# Gas mileage



## StansB13 (Feb 11, 2003)

My gas has dropped from 35-40 to about 30-35. I'm not really complaining, but I'm wondering if it has to do with the colder weather. 

thanks,
Stan


----------



## danifilth (May 14, 2003)

Ummm do you purchase all your gas at the same place and have recently tuned up your car?When you filled up the time before last did you fill a couple drums also and recently filled your tank with the same batch?What I am trying to say is there could be a million different things affecting it and you didnt really give us too much info to work with.


----------



## Harris (Nov 11, 2002)

Yes, the winter does have to do with your lower gas mileage. Even if everything is supposed to work the way it should, you will experience a lower gas mileage in the winter, especially with the kind of winter we're experiencing here in Ohio. It's got to do with how many accessories you're using, of which the heater is a major one. Also, in the winter time, refineries add some ingredient to the gas (also referred to as winter gas). I don't know exactly why they add it, but I'm assuming its too keep the gas from freezing in your fuel lines. This kind of gas supposedly also contributes to the lower gas mileage in the winter time.
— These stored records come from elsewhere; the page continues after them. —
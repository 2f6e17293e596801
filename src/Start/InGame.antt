-- ===== src/Start/InGame.antt =====
-- What is in the game's memory once `start` has applied its patches.
use patchwork.Prelude.{
  ℕ, ◌+◌, ◌*◌, ◌%◌, ◌^◌, ◌<◌, ◌≡◌, ◌≢◌, some, List, length, get_elem?, All, get_or,
}
use patchwork.Memory.{Memory, Outside, load_pointer}
use patchwork.Text.Strings.{IsString}
use patchwork.Text.Trim.{strip_rest}
use patchwork.Http.{Sha256}
use patchwork.Hooks.Offsets.{lbp_ps3_prod_url_length, lbp_digest_length, lbp_network_key_size}
use patchwork.Hooks.Branch.{branch_target, InReach}
use patchwork.Hooks.Patches.{Symbols}
use patchwork.Hooks.Game.{GameNumber, patches_of, game_end}
use patchwork.Hooks.Assembly.ForceJoin.{force_join, force_join_offset}
use patchwork.Hooks.Assembly.Patched.{force_join_source}
use patchwork.Start.{Services, ScriptHooks, PatchworkConfigOptions}
use patchwork.Start.Hooked.{check_of, hook_of}
use patchwork.Start.Agent.{agent_text}
use patchwork.Start.Places.{key_place, agent_place, digest_place, url_places}

module _ {W : Type 0} (v : Services W) (sha : Sha256) (s : Symbols) (hooks : ScriptHooks)
    (options : PatchworkConfigOptions) (key url digest : List ℕ) (game : GameNumber)
    (m : Memory) where
  -- The game's memory holds the configuration.
  pub record IsInGame (memory : Memory) : Type 0 where
    pub user_agent : IsString memory (agent_place game) (agent_text v game options)
    pub server_url :
        options.server_url ≢ 0
        → length (strip_rest url) < lbp_ps3_prod_url_length
        → (j place : ℕ) → get_elem? (url_places game) j ≡ some place
        → IsString memory place (strip_rest url)
    pub server_digest :
        options.digest_key ≢ 0
        → length (strip_rest digest) < lbp_digest_length
        → IsString memory (digest_place game) (strip_rest digest)
    -- Without a URL or a digest key, or with the key disabled, the game keeps its own, and it keeps
    -- every byte outside the targets of its table.
    pub server_url_unset :
        options.server_url ≡ 0
        → (j place : ℕ) → get_elem? (url_places game) j ≡ some place
        → (i : ℕ) → i < lbp_ps3_prod_url_length
        → memory (place + i) ≡ m (place + i)
    pub server_digest_unset :
        options.digest_key ≡ 0
        → (i : ℕ) → i < lbp_digest_length
        → memory (digest_place game + i) ≡ m (digest_place game + i)
    pub network_key_disabled :
        options.enable_join_key ≡ 0
        → (i : ℕ) → i < lbp_network_key_size
        → memory (key_place game + i) ≡ m (key_place game + i)
    pub other :
        (a : ℕ)
        → a < game_end
        → All (λ p. Outside a p.offset p.size) (patches_of game s)
        → memory a ≡ m a
    pub hashed : List ℕ
    pub hashed_key : options.join_key ≢ 0 → hashed ≡ strip_rest key
    pub network_key :
        options.enable_join_key ≢ 0
        → (i : ℕ) → i < lbp_network_key_size
        → memory (key_place game + i) ≡ get_or (sha.digest hashed) i 0
    pub script_hook :
        hook_of game hooks < 2 ^ 32
        → hook_of game hooks % 4 ≡ 0
        → InReach (hook_of game hooks) (check_of game)
        → branch_target (load_pointer memory (check_of game)) (check_of game)
          ≡ some (hook_of game hooks)
    pub force_join_code :
        (i : ℕ)
        → i < 4 * length (force_join game)
        → memory (force_join_offset game + i) ≡ m (force_join_source game s + i)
So there's nothing to worry about. You should see your gas mileage go up soon as it gets warmer.


----------



## StansB13 (Feb 11, 2003)

Thanks for the replies. I tuned it up in the summer and have been getting the good mileage for about 6 months. I also get my gas at just a couple of places. I guess I wasn't very clear in my original post. 
While I wasn't worried about it (30-35 ain't too bad) I was just spoiled I guess and hoping it would come back up in the warmer weather. I'll have to wait a couple of months and see. If it still gets the 30-35, I'll post again...

Stan


----------



## Sanyo (Dec 19, 2003)

What year is the car? I wish I got 30-35. My 1991 Nissan Sentra XE (1.6) gets about 22 MPG right now;/


----------



## Gump (Jan 30, 2003)

StansB13 said:


> My gas has dropped from 35-40 to about 30-35. I'm not really complaining, but I'm wondering if it has to do with the colder weather.
> 
> thanks,
> Stan


I have a JDM SR20 with a few mods, i went on a little trip last weekend and i had a half a tank and went 217 miles on that. Most was highway and at higher speeds, lots of throttle in and out and i figured out i was getting 45-50 mpg. Cold air, your engine likes it more. You will get better performance and optimal milege with cooler weather. If your running a GA16, 30-35 isnt bad, how is your tune up and so forth?


----------



## StansB13 (Feb 11, 2003)

Gump: tuned up in the summer (although I might check the air filter).

Sanyo: it's a '91 XE.


----------



## Sanyo (Dec 19, 2003)

Well lets see, I just did spark plugs, wires, distributor cap, rotor, oil, air filter, and oxygen sensor. I get shit for gas, like 25 max;/ PFT I'm like what the fuck? I added like 20 type-r stickers I thought in addition to the 50 extra WHP per sticker(which I now get over 2000whp because of them!) I thought hey would also give me a few hundred MPG. Damnit :givebeer:


----------



## Gump (Jan 30, 2003)

Sanyo said:


> Well lets see, I just did spark plugs, wires, distributor cap, rotor, oil, air filter, and oxygen sensor. I get shit for gas, like 25 max;/ PFT I'm like what the fuck? I added like 20 type-r stickers I thought in addition to the 50 extra WHP per sticker(which I now get over 2000whp because of them!) I thought hey would also give me a few hundred MPG. Damnit :givebeer:


Type R huh? :thumbdwn: did you forget you own a nissan and not a honda?


----------



## Sanyo (Dec 19, 2003)

Do I? Crap forgot about that


----------



## danifilth (May 14, 2003)

hey dont sweat it they have 1000hp & 1200tq GTR badges for us.


----------



## Sanyo (Dec 19, 2003)

Phew I was about to get scared! So writing NISSAN on the windsheild in big letters and getting a 15 dollar muffler tip from AutoZone should ad a few hundred hp right there right?


----------



## danifilth (May 14, 2003)

oh yeah you got it now boy.Just be sure to get an aluminum parkbench spoiler to sit on cause all those horses gets tiring................................


----------



## Sanyo (Dec 19, 2003)

Yea might be kinda hard to sit on though, its gonne be about 15 feet off the ground so everyone can see it and the aerodynamics add like another 200whp!


----------



## danifilth (May 14, 2003)

man yo uand wes should go head to head boost VS. NA,249.5 whp VS 2000 whp it would be sick.To think he holds the record hahaha


----------



## Sanyo (Dec 19, 2003)

He holds the record? Pft no I do! Those type-r stickers I put on, DAMN. I just dyno'd it, with 150 type-r stickers, the name NISSAN written on the windshield, 15 dollar muffler tip, and 25 ft wing made about 10,000 whp! DAMN!


----------



## danifilth (May 14, 2003)

damn you should be able to fly now


----------